[The data — start]

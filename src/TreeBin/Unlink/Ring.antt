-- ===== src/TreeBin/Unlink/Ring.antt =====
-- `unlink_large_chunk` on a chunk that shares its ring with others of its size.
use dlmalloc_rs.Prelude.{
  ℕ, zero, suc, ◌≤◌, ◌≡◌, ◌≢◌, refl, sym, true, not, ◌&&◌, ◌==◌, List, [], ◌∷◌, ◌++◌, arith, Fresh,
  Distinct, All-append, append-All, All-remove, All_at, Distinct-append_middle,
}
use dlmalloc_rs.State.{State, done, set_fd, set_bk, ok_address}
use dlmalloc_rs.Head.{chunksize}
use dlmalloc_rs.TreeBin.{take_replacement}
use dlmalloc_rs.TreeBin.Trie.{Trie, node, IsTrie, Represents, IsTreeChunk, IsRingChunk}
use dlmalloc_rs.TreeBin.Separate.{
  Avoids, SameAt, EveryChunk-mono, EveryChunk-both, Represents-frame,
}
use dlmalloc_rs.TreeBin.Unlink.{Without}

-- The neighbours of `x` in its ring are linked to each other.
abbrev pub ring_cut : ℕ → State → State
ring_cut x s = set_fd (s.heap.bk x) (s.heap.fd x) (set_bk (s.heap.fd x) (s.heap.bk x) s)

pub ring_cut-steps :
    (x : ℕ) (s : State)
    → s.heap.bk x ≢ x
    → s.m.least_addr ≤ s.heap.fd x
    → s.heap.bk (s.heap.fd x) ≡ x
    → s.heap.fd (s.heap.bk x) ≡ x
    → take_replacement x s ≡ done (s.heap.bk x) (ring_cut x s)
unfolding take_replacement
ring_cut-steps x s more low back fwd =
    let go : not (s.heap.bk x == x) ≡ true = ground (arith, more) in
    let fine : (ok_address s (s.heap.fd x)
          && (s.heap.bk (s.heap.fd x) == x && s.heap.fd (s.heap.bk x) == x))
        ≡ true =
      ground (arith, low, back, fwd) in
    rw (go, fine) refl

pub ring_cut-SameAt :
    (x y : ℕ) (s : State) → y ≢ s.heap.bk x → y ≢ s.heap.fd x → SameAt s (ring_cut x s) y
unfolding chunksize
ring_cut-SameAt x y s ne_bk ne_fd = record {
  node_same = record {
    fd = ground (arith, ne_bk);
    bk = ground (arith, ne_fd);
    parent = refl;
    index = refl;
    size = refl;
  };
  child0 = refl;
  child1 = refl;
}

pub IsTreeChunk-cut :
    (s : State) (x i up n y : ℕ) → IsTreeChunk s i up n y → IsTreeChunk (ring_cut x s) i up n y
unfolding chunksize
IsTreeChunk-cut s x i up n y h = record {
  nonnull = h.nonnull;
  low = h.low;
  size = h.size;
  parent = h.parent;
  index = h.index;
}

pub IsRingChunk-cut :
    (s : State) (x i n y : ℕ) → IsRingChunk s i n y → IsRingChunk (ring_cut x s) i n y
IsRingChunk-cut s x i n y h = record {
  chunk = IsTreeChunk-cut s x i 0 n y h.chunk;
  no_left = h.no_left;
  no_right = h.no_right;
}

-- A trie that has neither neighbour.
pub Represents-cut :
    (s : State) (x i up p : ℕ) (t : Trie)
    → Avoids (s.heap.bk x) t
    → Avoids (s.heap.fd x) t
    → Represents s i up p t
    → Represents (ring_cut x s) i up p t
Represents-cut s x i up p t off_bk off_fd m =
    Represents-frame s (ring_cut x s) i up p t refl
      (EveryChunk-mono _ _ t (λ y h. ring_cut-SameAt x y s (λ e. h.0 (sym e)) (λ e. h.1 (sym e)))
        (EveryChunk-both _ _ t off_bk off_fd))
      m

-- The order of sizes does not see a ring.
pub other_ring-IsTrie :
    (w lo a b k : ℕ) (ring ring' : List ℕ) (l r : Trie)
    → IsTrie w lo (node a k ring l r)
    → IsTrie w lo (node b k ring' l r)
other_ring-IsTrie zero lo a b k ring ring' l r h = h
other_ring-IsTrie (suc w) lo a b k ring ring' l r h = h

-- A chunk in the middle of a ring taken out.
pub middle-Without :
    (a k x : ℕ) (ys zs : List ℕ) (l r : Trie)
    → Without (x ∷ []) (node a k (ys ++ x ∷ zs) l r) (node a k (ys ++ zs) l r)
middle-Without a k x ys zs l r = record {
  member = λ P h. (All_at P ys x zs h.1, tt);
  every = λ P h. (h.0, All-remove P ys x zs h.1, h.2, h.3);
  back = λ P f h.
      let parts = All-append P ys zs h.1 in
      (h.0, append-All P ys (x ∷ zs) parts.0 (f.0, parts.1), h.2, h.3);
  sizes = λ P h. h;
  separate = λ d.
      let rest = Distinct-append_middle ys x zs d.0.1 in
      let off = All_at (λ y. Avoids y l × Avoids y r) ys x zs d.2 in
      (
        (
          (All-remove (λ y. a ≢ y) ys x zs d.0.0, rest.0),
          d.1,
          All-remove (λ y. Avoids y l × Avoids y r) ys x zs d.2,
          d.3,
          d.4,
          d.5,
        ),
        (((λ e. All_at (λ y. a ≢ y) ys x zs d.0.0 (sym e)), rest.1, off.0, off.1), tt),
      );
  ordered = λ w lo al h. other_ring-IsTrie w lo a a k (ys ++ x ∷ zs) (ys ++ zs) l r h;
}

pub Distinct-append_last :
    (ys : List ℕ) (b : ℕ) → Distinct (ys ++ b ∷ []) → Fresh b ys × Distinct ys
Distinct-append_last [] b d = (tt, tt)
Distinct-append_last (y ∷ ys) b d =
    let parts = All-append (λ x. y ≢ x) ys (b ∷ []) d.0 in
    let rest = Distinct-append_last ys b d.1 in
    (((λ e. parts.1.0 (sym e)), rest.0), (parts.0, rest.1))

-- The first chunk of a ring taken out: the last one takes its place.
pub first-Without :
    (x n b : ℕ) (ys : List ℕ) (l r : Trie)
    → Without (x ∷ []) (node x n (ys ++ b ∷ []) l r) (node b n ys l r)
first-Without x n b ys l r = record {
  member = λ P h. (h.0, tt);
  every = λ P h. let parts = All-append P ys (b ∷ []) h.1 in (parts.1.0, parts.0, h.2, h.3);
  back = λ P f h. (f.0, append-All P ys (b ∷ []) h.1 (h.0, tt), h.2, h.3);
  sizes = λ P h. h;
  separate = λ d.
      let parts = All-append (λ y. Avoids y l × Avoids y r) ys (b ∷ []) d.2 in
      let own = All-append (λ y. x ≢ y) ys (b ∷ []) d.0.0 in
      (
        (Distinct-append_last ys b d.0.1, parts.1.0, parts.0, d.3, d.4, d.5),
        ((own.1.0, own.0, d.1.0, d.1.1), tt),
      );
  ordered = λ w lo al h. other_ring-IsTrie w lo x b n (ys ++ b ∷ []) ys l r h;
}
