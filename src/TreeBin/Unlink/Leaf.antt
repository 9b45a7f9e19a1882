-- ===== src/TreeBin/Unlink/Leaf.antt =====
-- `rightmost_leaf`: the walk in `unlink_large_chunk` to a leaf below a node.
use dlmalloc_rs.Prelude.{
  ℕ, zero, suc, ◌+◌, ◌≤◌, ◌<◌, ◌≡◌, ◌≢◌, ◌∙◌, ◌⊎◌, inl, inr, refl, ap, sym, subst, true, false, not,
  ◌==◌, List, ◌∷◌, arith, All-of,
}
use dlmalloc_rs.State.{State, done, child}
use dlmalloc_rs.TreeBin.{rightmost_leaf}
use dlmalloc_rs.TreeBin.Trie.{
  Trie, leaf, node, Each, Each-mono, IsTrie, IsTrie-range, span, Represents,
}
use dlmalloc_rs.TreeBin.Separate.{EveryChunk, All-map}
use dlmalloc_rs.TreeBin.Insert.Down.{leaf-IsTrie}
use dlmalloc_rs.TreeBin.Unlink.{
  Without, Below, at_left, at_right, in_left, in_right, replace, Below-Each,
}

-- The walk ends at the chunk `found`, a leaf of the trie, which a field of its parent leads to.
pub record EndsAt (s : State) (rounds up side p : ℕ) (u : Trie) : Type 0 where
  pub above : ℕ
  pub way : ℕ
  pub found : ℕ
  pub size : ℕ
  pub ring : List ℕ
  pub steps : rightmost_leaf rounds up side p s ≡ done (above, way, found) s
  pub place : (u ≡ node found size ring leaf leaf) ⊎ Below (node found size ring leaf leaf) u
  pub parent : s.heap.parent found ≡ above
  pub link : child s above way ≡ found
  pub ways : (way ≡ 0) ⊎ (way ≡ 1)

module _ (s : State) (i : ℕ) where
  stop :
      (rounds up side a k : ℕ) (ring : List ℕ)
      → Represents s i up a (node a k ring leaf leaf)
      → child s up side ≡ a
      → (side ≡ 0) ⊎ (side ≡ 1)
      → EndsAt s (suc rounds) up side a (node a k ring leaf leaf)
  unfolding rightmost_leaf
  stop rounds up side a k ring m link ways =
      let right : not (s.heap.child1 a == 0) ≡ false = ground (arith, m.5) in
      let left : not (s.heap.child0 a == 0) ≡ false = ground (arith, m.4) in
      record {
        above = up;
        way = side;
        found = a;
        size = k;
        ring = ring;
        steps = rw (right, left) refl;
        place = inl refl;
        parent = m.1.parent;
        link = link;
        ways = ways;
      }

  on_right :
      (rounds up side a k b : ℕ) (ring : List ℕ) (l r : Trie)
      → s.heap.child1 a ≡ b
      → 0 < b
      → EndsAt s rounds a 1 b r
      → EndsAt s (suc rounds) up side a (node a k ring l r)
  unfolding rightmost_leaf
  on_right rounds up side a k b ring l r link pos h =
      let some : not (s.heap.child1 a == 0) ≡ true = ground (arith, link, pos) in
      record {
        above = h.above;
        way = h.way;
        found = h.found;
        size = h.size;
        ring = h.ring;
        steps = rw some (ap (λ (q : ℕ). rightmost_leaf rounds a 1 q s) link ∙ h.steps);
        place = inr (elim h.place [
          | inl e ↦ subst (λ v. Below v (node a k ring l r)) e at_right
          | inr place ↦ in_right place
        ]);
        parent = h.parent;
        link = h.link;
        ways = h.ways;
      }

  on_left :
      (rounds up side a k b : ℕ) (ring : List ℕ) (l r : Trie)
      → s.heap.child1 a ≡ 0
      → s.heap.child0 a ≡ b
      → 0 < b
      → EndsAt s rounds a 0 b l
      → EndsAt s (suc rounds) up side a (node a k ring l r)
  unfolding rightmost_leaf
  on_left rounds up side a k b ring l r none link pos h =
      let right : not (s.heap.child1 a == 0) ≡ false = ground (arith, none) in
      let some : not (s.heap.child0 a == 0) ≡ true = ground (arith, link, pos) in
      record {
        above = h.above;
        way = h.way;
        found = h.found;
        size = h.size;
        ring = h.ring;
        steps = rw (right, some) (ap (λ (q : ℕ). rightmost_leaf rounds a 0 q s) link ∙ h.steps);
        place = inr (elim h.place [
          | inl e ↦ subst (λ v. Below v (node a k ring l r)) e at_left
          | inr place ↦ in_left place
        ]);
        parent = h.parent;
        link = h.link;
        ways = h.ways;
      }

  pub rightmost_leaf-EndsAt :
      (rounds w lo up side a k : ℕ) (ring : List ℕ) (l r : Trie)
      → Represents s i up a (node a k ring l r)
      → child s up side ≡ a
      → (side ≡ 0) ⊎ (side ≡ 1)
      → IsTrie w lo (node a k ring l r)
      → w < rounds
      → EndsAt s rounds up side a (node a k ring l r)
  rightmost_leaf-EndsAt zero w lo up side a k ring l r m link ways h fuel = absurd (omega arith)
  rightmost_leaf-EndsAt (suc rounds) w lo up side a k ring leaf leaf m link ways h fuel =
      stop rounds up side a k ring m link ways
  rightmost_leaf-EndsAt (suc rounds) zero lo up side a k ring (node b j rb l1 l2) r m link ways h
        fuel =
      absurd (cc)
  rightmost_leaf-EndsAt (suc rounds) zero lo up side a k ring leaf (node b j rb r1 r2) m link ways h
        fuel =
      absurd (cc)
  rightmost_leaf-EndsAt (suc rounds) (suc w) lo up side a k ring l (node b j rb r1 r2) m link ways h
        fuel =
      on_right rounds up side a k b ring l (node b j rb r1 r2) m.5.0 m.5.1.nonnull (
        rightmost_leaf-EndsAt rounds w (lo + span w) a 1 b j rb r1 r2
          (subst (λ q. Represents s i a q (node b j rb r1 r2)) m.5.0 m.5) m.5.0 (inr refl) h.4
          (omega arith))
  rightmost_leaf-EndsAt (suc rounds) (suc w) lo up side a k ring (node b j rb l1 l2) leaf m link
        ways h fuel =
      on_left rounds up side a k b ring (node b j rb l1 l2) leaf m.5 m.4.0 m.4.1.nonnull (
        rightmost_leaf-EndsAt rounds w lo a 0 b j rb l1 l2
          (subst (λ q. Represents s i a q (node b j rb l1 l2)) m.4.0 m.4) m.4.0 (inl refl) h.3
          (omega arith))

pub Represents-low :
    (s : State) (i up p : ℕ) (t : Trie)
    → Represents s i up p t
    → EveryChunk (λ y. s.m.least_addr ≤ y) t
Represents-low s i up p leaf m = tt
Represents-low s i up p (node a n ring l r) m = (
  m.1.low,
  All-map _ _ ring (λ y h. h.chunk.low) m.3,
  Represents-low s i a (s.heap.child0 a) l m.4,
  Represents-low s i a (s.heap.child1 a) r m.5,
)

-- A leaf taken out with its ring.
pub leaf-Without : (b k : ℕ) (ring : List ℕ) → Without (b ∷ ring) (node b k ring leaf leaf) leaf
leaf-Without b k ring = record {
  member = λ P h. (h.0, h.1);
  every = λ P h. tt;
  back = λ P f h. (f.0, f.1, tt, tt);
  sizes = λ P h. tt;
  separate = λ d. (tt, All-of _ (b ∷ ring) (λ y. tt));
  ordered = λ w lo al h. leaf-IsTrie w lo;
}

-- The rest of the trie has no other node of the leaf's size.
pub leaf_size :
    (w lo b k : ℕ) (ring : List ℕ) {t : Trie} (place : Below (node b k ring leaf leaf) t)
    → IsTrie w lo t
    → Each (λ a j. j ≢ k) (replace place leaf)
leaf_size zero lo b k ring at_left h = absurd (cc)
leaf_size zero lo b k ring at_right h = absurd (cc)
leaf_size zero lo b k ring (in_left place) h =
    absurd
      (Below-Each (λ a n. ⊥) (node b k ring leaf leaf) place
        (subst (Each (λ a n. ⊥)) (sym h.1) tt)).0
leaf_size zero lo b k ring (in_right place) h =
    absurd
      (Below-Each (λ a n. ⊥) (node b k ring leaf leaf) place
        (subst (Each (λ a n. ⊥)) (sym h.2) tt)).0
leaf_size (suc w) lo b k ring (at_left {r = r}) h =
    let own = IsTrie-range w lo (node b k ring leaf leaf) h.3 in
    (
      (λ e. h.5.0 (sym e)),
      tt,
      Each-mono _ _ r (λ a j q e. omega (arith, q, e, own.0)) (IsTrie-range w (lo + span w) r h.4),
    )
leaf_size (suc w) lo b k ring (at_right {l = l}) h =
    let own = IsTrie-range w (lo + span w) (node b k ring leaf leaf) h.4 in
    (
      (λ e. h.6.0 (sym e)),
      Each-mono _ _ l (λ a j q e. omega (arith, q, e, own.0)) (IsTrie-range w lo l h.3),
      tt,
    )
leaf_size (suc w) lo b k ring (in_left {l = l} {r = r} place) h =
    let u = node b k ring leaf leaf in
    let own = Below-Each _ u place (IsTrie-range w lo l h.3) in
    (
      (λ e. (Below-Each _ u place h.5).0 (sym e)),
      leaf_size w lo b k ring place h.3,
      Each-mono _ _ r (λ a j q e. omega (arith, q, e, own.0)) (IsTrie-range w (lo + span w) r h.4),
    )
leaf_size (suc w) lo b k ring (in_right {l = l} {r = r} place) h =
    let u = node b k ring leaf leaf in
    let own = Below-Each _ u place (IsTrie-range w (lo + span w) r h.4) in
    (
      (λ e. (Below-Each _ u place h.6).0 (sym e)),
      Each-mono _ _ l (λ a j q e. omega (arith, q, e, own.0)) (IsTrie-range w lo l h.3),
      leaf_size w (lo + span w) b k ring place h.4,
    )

[The data — finish]

→ Goal of the exercise:
Give nothing but the count of lines in the listing above that hold the string "ground".

→ Worked solution:
9